What to work on>
Return the lines of the data below in which the string "true" occurs.

_ _ _ _ _ _ _

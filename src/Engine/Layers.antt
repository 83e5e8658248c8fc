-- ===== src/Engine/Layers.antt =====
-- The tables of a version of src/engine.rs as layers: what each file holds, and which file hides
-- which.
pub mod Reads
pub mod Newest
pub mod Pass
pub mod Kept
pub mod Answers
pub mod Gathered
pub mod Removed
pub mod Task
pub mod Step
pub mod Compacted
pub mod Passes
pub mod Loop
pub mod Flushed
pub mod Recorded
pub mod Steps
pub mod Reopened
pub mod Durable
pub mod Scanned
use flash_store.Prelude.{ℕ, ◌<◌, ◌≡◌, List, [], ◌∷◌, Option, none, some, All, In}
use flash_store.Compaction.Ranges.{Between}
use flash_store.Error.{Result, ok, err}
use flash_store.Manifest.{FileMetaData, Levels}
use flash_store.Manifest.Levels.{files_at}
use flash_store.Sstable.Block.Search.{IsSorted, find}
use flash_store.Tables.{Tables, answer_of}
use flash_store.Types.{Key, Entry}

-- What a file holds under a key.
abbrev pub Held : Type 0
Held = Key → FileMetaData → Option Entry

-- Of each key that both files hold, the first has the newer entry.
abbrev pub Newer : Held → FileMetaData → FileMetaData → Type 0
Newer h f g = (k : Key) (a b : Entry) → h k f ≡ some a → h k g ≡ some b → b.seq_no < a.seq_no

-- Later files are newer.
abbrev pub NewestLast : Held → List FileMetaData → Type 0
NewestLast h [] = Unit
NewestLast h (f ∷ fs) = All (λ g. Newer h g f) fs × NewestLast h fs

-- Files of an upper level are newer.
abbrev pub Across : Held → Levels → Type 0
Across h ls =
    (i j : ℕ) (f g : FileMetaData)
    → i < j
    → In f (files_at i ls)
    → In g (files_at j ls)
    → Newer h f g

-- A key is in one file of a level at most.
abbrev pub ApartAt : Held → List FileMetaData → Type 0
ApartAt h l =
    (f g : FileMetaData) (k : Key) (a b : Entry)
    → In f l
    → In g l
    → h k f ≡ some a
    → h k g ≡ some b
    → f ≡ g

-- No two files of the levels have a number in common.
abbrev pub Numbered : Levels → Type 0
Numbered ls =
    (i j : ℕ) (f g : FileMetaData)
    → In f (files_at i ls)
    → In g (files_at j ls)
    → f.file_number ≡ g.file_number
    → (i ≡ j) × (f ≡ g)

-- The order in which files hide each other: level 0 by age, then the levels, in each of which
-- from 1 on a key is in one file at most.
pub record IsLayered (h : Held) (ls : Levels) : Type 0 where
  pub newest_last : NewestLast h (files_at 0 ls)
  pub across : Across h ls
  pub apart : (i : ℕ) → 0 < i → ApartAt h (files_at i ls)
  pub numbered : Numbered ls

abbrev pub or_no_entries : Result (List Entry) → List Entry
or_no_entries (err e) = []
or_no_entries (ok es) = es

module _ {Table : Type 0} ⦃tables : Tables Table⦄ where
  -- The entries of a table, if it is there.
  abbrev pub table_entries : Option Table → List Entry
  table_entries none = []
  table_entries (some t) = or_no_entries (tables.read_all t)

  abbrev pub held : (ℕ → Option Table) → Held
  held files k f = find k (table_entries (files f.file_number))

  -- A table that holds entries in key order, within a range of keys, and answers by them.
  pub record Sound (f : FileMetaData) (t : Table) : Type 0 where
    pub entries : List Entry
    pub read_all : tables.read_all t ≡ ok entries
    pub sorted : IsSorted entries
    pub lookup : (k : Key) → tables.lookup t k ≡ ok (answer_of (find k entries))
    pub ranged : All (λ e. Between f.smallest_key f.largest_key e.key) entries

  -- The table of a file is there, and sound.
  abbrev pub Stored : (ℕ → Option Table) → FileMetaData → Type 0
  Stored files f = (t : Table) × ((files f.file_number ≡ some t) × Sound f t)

_ _ _ _ _ _ _

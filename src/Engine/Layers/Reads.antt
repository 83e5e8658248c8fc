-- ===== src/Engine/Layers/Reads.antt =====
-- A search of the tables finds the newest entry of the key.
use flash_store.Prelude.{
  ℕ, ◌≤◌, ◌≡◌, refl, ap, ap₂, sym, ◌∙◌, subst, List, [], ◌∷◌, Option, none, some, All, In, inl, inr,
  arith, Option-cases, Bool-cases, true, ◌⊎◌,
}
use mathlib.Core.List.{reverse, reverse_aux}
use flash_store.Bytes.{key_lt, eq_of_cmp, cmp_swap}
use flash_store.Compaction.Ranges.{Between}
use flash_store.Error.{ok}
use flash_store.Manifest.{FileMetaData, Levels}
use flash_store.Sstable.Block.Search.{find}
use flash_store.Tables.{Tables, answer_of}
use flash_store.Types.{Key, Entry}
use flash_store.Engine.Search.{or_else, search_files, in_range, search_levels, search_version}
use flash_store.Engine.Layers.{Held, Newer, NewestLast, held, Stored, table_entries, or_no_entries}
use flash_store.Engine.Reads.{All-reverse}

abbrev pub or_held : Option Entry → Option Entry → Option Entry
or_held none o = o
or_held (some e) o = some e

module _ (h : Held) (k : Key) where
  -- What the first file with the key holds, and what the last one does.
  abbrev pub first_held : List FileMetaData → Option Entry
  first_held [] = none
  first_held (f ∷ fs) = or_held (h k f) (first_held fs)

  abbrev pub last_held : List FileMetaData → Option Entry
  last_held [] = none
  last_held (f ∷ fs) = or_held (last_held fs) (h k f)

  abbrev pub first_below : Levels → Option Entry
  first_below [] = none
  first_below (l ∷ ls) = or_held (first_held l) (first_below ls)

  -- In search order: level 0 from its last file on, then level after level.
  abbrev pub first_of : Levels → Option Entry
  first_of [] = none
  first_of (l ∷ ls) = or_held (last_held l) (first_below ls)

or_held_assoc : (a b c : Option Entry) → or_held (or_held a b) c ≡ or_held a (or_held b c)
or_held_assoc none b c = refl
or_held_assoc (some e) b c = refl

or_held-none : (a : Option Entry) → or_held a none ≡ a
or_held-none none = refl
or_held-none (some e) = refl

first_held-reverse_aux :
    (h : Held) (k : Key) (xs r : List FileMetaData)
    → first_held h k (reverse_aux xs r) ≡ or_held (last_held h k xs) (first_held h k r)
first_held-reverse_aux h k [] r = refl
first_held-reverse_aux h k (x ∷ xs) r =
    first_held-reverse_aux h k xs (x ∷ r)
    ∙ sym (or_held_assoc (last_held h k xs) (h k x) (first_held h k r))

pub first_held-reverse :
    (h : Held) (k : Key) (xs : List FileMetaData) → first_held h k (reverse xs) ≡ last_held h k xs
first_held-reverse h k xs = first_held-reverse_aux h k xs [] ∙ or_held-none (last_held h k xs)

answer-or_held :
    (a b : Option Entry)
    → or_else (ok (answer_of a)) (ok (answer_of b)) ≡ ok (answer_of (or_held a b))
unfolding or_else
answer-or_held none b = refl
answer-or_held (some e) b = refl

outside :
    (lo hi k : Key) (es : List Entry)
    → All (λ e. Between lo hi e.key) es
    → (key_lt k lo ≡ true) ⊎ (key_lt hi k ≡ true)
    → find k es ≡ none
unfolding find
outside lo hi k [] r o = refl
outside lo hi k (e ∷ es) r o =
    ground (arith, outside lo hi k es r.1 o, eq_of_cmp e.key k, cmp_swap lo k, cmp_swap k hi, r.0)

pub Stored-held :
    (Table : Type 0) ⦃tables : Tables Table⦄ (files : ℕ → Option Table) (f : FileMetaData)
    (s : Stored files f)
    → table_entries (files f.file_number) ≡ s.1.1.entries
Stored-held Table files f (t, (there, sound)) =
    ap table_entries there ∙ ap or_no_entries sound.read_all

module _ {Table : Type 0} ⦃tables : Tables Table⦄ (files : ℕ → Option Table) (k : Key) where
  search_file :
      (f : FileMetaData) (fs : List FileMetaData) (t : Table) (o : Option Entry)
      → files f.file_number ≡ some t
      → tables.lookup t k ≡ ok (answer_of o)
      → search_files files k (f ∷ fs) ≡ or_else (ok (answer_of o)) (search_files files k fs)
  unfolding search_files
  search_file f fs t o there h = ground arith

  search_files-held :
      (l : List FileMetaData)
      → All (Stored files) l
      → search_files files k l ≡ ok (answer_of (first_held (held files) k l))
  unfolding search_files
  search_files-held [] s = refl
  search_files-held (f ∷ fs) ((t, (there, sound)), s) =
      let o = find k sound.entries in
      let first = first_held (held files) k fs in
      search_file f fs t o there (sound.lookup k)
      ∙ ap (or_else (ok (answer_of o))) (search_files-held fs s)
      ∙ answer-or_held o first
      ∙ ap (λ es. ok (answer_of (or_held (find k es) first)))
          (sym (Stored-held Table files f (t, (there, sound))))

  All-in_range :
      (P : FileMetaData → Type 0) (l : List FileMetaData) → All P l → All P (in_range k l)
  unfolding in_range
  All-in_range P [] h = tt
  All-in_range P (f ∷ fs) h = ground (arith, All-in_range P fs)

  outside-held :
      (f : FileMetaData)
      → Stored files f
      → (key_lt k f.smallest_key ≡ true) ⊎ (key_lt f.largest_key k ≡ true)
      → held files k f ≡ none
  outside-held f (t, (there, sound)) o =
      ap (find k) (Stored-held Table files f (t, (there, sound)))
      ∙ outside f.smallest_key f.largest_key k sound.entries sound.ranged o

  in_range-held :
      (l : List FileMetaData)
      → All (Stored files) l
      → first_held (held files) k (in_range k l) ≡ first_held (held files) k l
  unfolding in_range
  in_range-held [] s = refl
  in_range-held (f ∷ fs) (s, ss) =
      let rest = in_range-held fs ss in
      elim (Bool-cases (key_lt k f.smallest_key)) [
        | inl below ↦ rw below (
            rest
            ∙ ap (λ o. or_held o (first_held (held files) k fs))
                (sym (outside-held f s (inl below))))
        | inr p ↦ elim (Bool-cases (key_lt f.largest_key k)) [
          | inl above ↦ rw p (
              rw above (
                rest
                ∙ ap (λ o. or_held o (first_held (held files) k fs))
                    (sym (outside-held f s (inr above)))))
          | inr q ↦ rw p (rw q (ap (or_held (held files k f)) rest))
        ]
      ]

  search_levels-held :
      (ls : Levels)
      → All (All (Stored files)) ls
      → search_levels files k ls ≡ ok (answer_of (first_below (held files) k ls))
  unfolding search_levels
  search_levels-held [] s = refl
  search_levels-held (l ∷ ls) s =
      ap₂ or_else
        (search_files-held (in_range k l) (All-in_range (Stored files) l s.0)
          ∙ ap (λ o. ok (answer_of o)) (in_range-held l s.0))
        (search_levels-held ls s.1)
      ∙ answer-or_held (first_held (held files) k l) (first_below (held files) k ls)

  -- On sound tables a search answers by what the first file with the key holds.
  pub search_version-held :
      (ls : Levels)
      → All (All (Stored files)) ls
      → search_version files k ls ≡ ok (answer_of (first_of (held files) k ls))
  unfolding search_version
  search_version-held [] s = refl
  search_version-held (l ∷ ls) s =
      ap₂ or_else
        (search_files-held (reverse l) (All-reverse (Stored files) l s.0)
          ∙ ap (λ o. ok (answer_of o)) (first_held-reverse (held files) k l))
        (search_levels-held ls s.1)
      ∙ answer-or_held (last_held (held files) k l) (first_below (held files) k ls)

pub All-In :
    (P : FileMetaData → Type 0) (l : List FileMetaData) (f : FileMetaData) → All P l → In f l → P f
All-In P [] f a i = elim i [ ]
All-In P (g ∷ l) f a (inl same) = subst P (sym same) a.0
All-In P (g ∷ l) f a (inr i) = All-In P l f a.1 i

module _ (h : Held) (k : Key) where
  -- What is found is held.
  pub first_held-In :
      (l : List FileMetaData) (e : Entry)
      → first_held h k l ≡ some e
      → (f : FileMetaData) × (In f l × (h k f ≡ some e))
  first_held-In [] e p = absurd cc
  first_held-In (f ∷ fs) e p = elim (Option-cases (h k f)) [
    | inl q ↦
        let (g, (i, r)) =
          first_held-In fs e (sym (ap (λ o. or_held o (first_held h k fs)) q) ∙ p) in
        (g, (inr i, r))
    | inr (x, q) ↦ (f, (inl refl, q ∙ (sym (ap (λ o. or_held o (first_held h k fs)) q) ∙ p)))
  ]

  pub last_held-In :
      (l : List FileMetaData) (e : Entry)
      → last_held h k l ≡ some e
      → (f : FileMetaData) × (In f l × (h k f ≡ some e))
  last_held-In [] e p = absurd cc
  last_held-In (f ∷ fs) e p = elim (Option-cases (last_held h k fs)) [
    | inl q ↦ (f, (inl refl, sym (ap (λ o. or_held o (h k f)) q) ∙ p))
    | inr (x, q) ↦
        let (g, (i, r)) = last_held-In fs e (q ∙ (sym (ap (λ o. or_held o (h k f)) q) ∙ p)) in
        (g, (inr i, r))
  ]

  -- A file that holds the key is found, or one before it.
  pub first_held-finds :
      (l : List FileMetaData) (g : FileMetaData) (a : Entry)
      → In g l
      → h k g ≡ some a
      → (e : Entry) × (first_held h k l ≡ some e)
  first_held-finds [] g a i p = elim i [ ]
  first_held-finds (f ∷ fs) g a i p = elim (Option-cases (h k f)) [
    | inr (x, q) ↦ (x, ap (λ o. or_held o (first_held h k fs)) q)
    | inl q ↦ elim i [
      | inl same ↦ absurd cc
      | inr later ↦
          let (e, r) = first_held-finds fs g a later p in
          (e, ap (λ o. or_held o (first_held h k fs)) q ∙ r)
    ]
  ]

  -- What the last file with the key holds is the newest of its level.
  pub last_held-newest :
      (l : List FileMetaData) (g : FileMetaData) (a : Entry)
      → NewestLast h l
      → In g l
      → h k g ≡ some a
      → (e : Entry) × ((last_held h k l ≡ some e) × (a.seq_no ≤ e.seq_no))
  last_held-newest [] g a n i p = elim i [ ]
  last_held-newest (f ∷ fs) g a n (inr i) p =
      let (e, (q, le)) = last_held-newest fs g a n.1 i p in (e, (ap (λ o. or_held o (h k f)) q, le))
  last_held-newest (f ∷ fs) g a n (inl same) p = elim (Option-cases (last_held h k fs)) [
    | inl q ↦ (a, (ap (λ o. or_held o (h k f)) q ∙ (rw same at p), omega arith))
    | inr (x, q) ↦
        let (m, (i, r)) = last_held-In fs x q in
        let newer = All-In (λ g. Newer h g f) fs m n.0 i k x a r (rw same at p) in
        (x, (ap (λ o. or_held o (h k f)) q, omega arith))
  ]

_ _ _ _ _ _ _

Your solution>
  arith, Option-cases, Bool-cases, true, ◌⊎◌,
    → (key_lt k lo ≡ true) ⊎ (key_lt hi k ≡ true)
      → (key_lt k f.smallest_key ≡ true) ⊎ (key_lt f.largest_key k ≡ true)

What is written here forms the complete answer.